(Data records)
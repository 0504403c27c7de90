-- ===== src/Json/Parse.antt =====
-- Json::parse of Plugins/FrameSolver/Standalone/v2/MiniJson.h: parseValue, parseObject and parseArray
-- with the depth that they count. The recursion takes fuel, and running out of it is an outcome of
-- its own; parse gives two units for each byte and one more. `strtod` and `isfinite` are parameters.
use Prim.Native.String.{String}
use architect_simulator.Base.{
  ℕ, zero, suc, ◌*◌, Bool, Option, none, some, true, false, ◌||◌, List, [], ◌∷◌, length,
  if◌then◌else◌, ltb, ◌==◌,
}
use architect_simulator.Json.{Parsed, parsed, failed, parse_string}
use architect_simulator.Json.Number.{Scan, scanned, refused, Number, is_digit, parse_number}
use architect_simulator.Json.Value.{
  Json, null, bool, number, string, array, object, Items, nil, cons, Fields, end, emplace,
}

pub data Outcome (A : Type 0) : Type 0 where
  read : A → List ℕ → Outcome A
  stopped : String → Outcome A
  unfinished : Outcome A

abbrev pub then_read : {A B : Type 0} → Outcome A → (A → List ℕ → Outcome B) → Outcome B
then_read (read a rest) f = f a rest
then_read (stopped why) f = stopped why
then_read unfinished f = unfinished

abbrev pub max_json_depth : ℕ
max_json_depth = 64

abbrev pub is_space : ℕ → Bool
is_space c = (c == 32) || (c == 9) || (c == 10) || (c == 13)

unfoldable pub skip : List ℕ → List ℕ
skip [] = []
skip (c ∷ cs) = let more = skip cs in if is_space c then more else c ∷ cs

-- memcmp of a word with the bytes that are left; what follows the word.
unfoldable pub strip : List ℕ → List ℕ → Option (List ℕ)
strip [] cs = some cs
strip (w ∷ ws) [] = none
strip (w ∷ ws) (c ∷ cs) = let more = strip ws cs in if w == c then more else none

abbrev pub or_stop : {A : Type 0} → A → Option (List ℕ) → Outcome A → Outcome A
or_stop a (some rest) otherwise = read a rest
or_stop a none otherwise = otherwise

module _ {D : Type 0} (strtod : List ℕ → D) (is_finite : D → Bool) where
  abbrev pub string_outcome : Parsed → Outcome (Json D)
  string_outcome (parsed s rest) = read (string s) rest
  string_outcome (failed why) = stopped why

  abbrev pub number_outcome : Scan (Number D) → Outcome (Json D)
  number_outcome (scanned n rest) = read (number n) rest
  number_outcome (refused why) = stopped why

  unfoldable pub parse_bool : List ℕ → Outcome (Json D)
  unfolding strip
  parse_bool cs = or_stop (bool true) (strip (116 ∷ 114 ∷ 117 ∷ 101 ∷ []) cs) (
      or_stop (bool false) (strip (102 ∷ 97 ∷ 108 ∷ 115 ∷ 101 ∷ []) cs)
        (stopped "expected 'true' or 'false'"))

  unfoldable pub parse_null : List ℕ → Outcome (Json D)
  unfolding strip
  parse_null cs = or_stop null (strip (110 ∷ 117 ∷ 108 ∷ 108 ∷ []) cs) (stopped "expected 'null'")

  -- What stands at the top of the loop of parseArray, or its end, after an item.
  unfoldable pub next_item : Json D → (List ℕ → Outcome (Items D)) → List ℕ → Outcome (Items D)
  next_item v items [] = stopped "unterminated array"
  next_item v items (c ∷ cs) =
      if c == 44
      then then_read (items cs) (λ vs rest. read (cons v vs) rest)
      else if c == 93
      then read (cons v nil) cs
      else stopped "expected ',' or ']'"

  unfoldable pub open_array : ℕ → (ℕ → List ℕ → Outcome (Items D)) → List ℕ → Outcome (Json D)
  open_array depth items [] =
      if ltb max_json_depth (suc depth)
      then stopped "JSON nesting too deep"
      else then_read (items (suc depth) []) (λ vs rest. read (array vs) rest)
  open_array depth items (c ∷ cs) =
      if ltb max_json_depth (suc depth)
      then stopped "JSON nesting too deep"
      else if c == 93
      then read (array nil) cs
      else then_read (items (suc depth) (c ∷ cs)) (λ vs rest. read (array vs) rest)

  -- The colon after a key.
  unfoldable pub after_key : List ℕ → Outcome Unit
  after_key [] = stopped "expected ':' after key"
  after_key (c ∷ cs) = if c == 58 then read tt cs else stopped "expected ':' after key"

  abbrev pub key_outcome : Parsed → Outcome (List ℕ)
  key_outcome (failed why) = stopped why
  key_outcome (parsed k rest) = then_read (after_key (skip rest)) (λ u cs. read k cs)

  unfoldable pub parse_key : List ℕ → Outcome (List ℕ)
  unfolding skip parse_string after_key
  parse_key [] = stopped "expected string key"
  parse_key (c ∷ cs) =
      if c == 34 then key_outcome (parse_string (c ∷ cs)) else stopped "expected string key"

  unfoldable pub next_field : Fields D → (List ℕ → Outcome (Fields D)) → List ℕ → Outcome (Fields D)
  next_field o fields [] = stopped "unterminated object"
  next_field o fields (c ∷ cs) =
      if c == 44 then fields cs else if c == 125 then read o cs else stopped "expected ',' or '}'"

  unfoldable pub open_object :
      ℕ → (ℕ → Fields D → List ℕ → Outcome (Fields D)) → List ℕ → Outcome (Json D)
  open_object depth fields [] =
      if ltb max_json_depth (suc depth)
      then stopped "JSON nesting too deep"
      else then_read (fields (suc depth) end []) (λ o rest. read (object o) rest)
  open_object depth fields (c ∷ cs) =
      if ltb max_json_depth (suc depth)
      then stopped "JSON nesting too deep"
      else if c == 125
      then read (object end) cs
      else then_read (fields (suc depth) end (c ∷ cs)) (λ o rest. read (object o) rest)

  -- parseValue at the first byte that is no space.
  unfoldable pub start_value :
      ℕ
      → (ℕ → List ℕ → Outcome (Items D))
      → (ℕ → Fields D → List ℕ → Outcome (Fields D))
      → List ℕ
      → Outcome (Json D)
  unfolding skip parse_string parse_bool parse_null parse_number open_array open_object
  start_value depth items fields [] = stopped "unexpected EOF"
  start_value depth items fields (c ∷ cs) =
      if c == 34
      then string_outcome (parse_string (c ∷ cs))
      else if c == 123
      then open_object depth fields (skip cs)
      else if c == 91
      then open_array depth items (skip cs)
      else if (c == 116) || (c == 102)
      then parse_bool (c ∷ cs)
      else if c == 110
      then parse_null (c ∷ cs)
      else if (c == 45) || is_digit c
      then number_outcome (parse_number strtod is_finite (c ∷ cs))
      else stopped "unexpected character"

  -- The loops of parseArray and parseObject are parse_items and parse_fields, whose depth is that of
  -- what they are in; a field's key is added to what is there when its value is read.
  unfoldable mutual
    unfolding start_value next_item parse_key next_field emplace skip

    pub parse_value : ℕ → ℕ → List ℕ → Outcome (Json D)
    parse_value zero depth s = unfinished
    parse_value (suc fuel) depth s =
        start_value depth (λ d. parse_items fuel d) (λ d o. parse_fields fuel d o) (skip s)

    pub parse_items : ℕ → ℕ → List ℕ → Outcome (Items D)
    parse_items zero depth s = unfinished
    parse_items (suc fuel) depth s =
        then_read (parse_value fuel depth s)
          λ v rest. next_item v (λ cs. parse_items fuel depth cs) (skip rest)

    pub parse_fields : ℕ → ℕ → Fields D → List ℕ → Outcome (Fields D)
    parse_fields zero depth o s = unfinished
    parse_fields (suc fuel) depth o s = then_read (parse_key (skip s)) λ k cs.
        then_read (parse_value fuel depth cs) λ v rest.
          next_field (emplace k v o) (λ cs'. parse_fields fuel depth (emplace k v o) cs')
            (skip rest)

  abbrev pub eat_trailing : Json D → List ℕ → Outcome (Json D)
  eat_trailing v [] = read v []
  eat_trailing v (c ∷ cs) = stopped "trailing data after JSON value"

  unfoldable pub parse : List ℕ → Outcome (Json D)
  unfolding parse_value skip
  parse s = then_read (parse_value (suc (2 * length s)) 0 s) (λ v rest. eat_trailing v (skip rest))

==

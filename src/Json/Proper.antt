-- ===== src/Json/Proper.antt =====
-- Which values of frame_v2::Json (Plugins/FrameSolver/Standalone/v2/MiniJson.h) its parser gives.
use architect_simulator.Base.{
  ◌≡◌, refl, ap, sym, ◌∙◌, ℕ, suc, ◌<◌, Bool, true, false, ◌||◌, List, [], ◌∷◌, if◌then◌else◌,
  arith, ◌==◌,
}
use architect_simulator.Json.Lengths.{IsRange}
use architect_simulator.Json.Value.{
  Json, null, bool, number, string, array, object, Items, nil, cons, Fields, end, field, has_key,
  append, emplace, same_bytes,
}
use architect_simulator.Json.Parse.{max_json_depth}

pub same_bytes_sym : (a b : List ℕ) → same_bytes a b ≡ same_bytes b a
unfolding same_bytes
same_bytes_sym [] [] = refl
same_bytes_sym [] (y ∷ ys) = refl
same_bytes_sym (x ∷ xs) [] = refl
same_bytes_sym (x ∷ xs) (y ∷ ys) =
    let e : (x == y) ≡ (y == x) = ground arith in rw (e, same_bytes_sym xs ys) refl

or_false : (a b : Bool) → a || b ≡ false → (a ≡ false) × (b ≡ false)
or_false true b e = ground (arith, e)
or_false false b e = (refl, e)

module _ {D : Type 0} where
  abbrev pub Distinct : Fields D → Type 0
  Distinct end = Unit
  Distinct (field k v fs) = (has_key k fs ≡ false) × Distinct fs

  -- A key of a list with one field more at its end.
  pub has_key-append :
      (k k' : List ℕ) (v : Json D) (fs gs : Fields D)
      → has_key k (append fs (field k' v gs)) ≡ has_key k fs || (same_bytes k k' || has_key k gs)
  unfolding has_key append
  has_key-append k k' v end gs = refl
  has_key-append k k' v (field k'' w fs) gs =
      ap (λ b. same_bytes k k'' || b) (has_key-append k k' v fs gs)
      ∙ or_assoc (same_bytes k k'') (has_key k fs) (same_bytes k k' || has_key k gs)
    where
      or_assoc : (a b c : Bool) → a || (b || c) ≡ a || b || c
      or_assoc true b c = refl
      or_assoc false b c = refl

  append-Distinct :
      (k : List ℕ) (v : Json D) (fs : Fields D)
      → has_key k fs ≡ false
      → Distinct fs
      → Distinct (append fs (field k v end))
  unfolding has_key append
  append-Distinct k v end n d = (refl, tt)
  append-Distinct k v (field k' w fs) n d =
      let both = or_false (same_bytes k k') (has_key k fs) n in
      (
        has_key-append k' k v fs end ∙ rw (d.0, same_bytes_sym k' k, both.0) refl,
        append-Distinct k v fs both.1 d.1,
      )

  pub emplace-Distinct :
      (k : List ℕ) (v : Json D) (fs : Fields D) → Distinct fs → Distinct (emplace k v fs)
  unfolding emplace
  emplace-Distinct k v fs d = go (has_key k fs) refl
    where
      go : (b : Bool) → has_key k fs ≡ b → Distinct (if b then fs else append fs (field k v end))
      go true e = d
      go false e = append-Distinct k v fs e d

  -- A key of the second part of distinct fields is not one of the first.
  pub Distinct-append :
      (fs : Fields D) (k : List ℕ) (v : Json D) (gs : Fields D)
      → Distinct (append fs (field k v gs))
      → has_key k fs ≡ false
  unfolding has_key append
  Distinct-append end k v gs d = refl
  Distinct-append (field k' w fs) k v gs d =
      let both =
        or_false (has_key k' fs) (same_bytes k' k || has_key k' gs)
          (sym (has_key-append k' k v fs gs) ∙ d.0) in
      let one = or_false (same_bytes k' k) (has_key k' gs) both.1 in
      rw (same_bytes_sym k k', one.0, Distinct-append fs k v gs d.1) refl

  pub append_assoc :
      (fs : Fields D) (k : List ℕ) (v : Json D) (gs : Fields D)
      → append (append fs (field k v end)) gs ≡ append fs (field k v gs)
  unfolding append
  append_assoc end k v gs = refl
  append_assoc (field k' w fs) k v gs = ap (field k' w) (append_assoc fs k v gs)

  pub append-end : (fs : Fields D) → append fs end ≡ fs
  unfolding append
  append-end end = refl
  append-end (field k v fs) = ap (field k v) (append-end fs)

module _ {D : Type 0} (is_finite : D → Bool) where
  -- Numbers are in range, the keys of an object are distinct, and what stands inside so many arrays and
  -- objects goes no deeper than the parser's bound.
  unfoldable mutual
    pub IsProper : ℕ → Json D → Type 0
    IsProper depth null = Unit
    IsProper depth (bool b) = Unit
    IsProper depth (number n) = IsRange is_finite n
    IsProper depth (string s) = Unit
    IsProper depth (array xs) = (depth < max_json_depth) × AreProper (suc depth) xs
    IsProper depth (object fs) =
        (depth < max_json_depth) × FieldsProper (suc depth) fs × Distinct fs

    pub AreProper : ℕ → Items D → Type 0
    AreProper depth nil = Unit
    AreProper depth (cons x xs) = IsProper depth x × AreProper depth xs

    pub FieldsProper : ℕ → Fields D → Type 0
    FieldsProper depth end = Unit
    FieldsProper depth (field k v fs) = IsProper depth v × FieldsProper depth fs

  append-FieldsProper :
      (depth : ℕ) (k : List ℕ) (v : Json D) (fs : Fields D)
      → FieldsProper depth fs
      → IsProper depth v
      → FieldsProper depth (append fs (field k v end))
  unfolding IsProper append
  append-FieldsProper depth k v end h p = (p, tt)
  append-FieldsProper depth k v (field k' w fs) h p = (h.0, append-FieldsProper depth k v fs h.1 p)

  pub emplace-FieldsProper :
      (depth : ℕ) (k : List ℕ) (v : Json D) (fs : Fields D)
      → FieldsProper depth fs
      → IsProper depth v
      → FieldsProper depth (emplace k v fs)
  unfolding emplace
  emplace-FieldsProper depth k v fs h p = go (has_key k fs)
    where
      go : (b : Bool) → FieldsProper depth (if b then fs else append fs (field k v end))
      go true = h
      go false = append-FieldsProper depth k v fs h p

==

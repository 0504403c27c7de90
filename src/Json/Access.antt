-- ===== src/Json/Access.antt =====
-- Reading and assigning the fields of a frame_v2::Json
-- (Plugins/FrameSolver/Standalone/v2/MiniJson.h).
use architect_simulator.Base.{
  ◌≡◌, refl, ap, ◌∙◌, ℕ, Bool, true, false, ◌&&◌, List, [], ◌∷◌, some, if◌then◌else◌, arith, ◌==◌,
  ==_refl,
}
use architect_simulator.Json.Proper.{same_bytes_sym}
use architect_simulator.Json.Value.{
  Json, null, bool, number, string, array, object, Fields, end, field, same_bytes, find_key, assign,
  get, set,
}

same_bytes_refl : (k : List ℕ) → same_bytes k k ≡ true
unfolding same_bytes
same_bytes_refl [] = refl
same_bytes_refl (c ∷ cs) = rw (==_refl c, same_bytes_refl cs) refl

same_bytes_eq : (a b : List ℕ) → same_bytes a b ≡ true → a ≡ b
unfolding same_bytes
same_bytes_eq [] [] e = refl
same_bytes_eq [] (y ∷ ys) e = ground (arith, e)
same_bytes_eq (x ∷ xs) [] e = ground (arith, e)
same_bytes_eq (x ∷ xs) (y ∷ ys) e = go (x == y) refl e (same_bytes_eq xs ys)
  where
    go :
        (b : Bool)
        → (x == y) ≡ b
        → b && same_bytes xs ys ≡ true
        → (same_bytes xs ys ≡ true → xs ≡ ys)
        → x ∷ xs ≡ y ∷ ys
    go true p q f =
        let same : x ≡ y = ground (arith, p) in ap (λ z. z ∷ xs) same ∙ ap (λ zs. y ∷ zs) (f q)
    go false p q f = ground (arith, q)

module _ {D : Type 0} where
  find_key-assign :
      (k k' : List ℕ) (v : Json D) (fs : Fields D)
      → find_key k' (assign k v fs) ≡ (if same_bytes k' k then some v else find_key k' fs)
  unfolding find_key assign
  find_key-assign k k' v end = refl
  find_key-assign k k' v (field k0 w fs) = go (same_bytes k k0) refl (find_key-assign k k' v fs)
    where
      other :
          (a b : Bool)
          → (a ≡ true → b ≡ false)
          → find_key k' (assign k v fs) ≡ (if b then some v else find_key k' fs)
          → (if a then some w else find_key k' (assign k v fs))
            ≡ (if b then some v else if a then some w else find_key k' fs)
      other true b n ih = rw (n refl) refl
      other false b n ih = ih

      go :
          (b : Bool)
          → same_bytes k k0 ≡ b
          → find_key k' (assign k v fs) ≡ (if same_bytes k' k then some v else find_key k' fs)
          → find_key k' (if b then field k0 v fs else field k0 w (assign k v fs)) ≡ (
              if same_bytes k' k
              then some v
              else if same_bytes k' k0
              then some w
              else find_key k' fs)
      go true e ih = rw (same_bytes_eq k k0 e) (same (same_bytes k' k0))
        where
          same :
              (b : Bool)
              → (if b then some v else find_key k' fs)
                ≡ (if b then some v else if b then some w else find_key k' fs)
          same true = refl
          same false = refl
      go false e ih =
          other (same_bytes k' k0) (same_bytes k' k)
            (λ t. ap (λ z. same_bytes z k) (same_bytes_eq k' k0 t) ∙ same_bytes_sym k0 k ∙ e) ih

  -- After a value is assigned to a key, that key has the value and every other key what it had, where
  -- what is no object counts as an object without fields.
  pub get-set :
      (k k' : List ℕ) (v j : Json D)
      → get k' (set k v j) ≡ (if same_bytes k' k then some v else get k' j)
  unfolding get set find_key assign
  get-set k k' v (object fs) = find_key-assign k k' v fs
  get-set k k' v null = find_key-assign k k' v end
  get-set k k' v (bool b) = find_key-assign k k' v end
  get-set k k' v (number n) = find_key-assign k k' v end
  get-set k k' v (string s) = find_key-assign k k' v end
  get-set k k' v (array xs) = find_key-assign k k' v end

Brief:
Taking the records as a whole, report how many of their lines include the word "cons". Nothing but the number is wanted.

Task answer:
5